Bloed van Congo kleeft aan mobieltjes

Aan de toenemende populariteit van het “mobieltje" blijkt een bitter aspect te kleven. Het heeft de vraag naar de grondstof coltan enorm doen toenemen. Dit heeft bijgedragen aan de catastrofale situatie van de bevolking in Oost-Congo.

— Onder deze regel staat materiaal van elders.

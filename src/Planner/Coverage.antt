-- ===== src/Planner/Coverage.antt =====
-- The jobs of a plan are exactly the cross product that its manifest asks for, in order.
use verifier_ci.Prelude.{
  ℕ, zero, suc, ◌+◌, ◌≤◌, ◌<◌, ◌≡◌, ◌↔◌, ◌⊎◌, inl, inr, true, false, Option, List, [], ◌∷◌, arith,
  map, Bool-cases, ◌==◌,
}
use verifier_ci.Prelude.Tables.{IsIn, IsIn-append, IsIn-map}
use verifier_ci.Models.Job.{Key, Job}
use verifier_ci.Planner.Manifest.{TaskPin, PanelView, AuditManifest}
use verifier_ci.Planner.Expand.{
  Coordinates, planned_job, cases_of, repetitions_of, verifiers_of, cases_in, pins_in, job_le,
  insert_job, sort_jobs, expand,
}

-- What a plan asks for, with one pin and these cases.
abbrev pub OfPin : Key → ℕ → TaskPin → List Key → Coordinates → Type 0
OfPin run n pin cases c =
    (c.run_id ≡ run)
    × (c.task_key ≡ pin.task_key)
    × IsIn c.case_id cases
    × ((c.verifier_key ≡ pin.verifier_baseline_version)
        ⊎ (c.verifier_key ≡ pin.verifier_candidate_version))
    × (c.repetition < n)

abbrev pub OfPins : Key → ℕ → Option PanelView → List TaskPin → Coordinates → Type 0
OfPins run n panel [] c = ⊥
OfPins run n panel (pin ∷ pins) c =
    OfPin run n pin (cases_of pin panel) c ⊎ OfPins run n panel pins c

-- Equal in all but the repetition, which lies in a range.
abbrev InRange : Key → TaskPin → Key → Key → ℕ → ℕ → Coordinates → Type 0
InRange run pin case verifier r left c =
    (c.run_id ≡ run)
    × (c.task_key ≡ pin.task_key)
    × (c.case_id ≡ case)
    × (c.verifier_key ≡ verifier)
    × (r ≤ c.repetition)
    × (c.repetition < r + left)

pub repetitions-InRange :
    (run : Key) (pin : TaskPin) (case verifier : Key) (r left : ℕ) (c : Coordinates)
    → IsIn c (repetitions_of run pin case verifier r left)
    → InRange run pin case verifier r left c
unfolding repetitions_of
repetitions-InRange run pin case verifier r zero c h = absurd h
repetitions-InRange run pin case verifier r (suc left) c (inl e) = ground arith
repetitions-InRange run pin case verifier r (suc left) c (inr h) =
    ground (arith, repetitions-InRange run pin case verifier (suc r) left c h)

InRange-repetitions :
    (run : Key) (pin : TaskPin) (case verifier : Key) (r left : ℕ) (c : Coordinates)
    → InRange run pin case verifier r left c
    → IsIn c (repetitions_of run pin case verifier r left)
unfolding repetitions_of
InRange-repetitions run pin case verifier r zero c (a, b, d, e, lo, hi) = absurd (omega arith)
InRange-repetitions run pin case verifier r (suc left) c (a, b, d, e, lo, hi) =
    elim (Bool-cases (c.repetition == r)) [
      | inl hit ↦ inl (ground arith)
      | inr later ↦ inr (
          InRange-repetitions run pin case verifier (suc r) left c
            (a, b, d, e, ground arith, ground arith))
    ]

module _ (run : Key) (n : ℕ) (c : Coordinates) where
  pub verifiers-OfPin :
      (pin : TaskPin) (case : Key)
      → IsIn c (verifiers_of run pin n case)
      → (c.case_id ≡ case) × OfPin run n pin (case ∷ []) c
  unfolding verifiers_of
  verifiers-OfPin pin case h =
      let base = pin.verifier_baseline_version in
      let candidate = pin.verifier_candidate_version in
      elim ((IsIn-append c (repetitions_of run pin case base 0 n) _).0 h) [
        | inl m ↦
            let (a, b, d, v, lo, hi) = repetitions-InRange run pin case base 0 n c m in
            (d, (a, b, inl d, inl v, omega arith))
        | inr m ↦
            let (a, b, d, v, lo, hi) = repetitions-InRange run pin case candidate 0 n c m in
            (d, (a, b, inl d, inr v, omega arith))
      ]

  OfPin-verifiers :
      (pin : TaskPin) (case : Key)
      → c.case_id ≡ case
      → (c.run_id ≡ run)
      → (c.task_key ≡ pin.task_key)
      → ((c.verifier_key ≡ pin.verifier_baseline_version)
          ⊎ (c.verifier_key ≡ pin.verifier_candidate_version))
      → c.repetition < n
      → IsIn c (verifiers_of run pin n case)
  unfolding verifiers_of
  OfPin-verifiers pin case d a b v hi =
      let base = pin.verifier_baseline_version in
      let candidate = pin.verifier_candidate_version in
      (IsIn-append c (repetitions_of run pin case base 0 n)
          (repetitions_of run pin case candidate 0 n)).1
        (elim v [
          | inl e ↦
              inl
                (InRange-repetitions run pin case base 0 n c (a, b, d, e, omega arith, omega arith))
          | inr e ↦ inr (
              InRange-repetitions run pin case candidate 0 n c
                (a, b, d, e, omega arith, omega arith))
        ])

  pub cases-OfPin :
      (pin : TaskPin) (cases : List Key)
      → IsIn c (cases_in run pin n cases)
      → OfPin run n pin cases c
  unfolding cases_in
  cases-OfPin pin [] h = absurd h
  cases-OfPin pin (case ∷ cases) h = elim ((IsIn-append c (verifiers_of run pin n case) _).0 h) [
    | inl m ↦ let (d, (a, b, _, v, hi)) = verifiers-OfPin pin case m in (a, b, inl d, v, hi)
    | inr m ↦ let (a, b, i, v, hi) = cases-OfPin pin cases m in (a, b, inr i, v, hi)
  ]

  OfPin-cases :
      (pin : TaskPin) (cases : List Key)
      → OfPin run n pin cases c
      → IsIn c (cases_in run pin n cases)
  unfolding cases_in
  OfPin-cases pin [] (a, b, i, v, hi) = absurd i
  OfPin-cases pin (case ∷ cases) (a, b, inl d, v, hi) =
      (IsIn-append c (verifiers_of run pin n case) (cases_in run pin n cases)).1
        (inl (OfPin-verifiers pin case d a b v hi))
  OfPin-cases pin (case ∷ cases) (a, b, inr i, v, hi) =
      (IsIn-append c (verifiers_of run pin n case) (cases_in run pin n cases)).1
        (inr (OfPin-cases pin cases (a, b, i, v, hi)))

  pub pins-OfPins :
      (panel : Option PanelView) (pins : List TaskPin)
      → IsIn c (pins_in run n panel pins) ↔ OfPins run n panel pins c
  unfolding pins_in
  pins-OfPins panel [] = (λ h. h, λ h. h)
  pins-OfPins panel (pin ∷ pins) =
      let rest = pins-OfPins panel pins in
      let both =
        IsIn-append c (cases_in run pin n (cases_of pin panel)) (pins_in run n panel pins) in
      (
        λ h. elim (both.0 h) [
          | inl m ↦ inl (cases-OfPin pin (cases_of pin panel) m)
          | inr m ↦ inr (rest.0 m)
        ],
        λ h. elim h [
          | inl o ↦ both.1 (inl (OfPin-cases pin (cases_of pin panel) o))
          | inr o ↦ both.1 (inr (rest.1 o))
        ],
      )

IsIn-insert : (i j : Job) (js : List Job) → IsIn i (insert_job j js) ↔ IsIn i (j ∷ js)
IsIn-insert i j [] = (λ h. h, λ h. h)
IsIn-insert i j (k ∷ js) =
    let rest = IsIn-insert i j js in
    elim (Bool-cases (job_le j k)) [
      | inl le ↦ rw le (λ h. h, λ h. h)
      | inr gt ↦ rw gt (
        λ h. elim h [
          | inl e ↦ inr (inl e)
          | inr m ↦ elim (rest.0 m) [ inl e ↦ inl e | inr x ↦ inr (inr x) ]
        ],
        λ h. elim h [
          | inl e ↦ inr (rest.1 (inl e))
          | inr (inl e) ↦ inl e
          | inr (inr m) ↦ inr (rest.1 (inr m))
        ],
      )
    ]

IsIn-sort : (i : Job) (js : List Job) → IsIn i (sort_jobs js) ↔ IsIn i js
unfolding sort_jobs
IsIn-sort i [] = (λ h. h, λ h. h)
IsIn-sort i (j ∷ js) =
    let rest = IsIn-sort i js in
    let put = IsIn-insert i j (sort_jobs js) in
    (
      λ h. elim (put.0 h) [ inl e ↦ inl e | inr m ↦ inr (rest.0 m) ],
      λ h. elim h [ inl e ↦ put.1 (inl e) | inr m ↦ put.1 (inr (rest.1 m)) ],
    )

-- The jobs of a plan are those of the coordinates that its pins ask for.
pub expand-OfPins :
    (job_id : Coordinates → Key) (m : AuditManifest) (panel : Option PanelView) (j : Job)
    → IsIn j (expand job_id m panel) ↔ (
        (c : Coordinates) × OfPins m.run_id m.max_repetitions panel m.task_pins c
        × (j ≡ planned_job job_id c))
unfolding expand
expand-OfPins job_id m panel j =
    let cs = pins_in m.run_id m.max_repetitions panel m.task_pins in
    let sorted = IsIn-sort j (map (planned_job job_id) cs) in
    let image = IsIn-map (planned_job job_id) j cs in
    (
      λ h.
          let (c, i, e) = image.0 (sorted.0 h) in
          (c, (pins-OfPins m.run_id m.max_repetitions c panel m.task_pins).0 i, e),
      λ (c, o, e).
          sorted.1
            (image.1 (c, (pins-OfPins m.run_id m.max_repetitions c panel m.task_pins).1 o, e)),
    )

-- Each job comes before the next one in the order of (task, case, verifier, repetition).
abbrev pub IsSorted : List Job → Type 0
IsSorted [] = Unit
IsSorted (j ∷ []) = Unit
IsSorted (j ∷ k ∷ js) = (job_le j k ≡ true) × IsSorted (k ∷ js)

job_le_total : (a b : Job) → job_le a b ≡ false → job_le b a ≡ true
job_le_total a b h = ground arith

insert-IsSorted : (j : Job) (js : List Job) → IsSorted js → IsSorted (insert_job j js)
insert-IsSorted j [] s = tt
insert-IsSorted j (k ∷ []) s = ground (arith, job_le_total j k)
insert-IsSorted j (k ∷ l ∷ js) s = ground (arith, job_le_total j k, insert-IsSorted j (l ∷ js))

sort-IsSorted : (js : List Job) → IsSorted (sort_jobs js)
unfolding sort_jobs
sort-IsSorted [] = tt
sort-IsSorted (j ∷ js) = insert-IsSorted j (sort_jobs js) (sort-IsSorted js)

-- The jobs of a plan are in the order of task, case, verifier and repetition.
pub expand-IsSorted :
    (job_id : Coordinates → Key) (m : AuditManifest) (panel : Option PanelView)
    → IsSorted (expand job_id m panel)
unfolding expand
expand-IsSorted job_id m panel =
    sort-IsSorted (map (planned_job job_id) (pins_in m.run_id m.max_repetitions panel m.task_pins))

Sinds tientallen jaren wordt in Congo/Zaďre met name in de Oostelijke provincies Kivu en Maniema coltan gewonnen. Coltan, afkorting van colombo-tantaliet, is de naam van een erts waarin de zeldzame metalen tantalium en columbium (ook wel niobium genoemd ) als belangrijkste bestanddelen voorkomen. Het wordt gebruikt bij de vervaardiging van kernreactorvaten, transportpijpen voor aardgas en in de electronica. De vraag naar dit metaal is op dit moment echter enorm toegenomen vanwege de massale toepassing ervan voor de gsm-telefoons. Het grootste deel van de wereldvoorraad van coltan ligt in Afrika, waarvan ongeveer 80% in Oost-Congo. De prijs op de wereldmarkt is sinds begin bijna 2000 vertienvoudigd: van $ 75 per kilo tot $ 700 per kilo. Tijdens Mobutu was een Belgisch-Zairese onderneming houder van een concessie voor de winning van goud, tin en coltan in het Oostelijk deel van Zaire. Belgie verkocht echter in de nadagen van de diktator zijn aandelen aan de Canadese maatschappij BANRO. Een overeenkomst tussen Mobutu en BANRO kwam tot stand terwijl Mobutu eigenlijk geen gezag meer over het gebied had omdat het reeds in handen van de toenmalige rebellenleider Kabila was. Toen Kabila president werd, mei 1997, werd door hem de overeenkomst met BANRO vernietigd. Eind juli 1998 kondigde hij de oprichting aan van een nieuwe onderneming voor de exploitatie van grondstoffen in Oost-Congo. Enkele dagen later, op 2 augustus 1998, vielen Rwanda en Uganda Congo binnen. In de oorlog die volgde werden de mijnbouwbedrijven geplunderd, de installaties vernield en grote voorraden erts buitgemaakt. Van officiele industriele mijnbouw was sindsdien geen sprake meer.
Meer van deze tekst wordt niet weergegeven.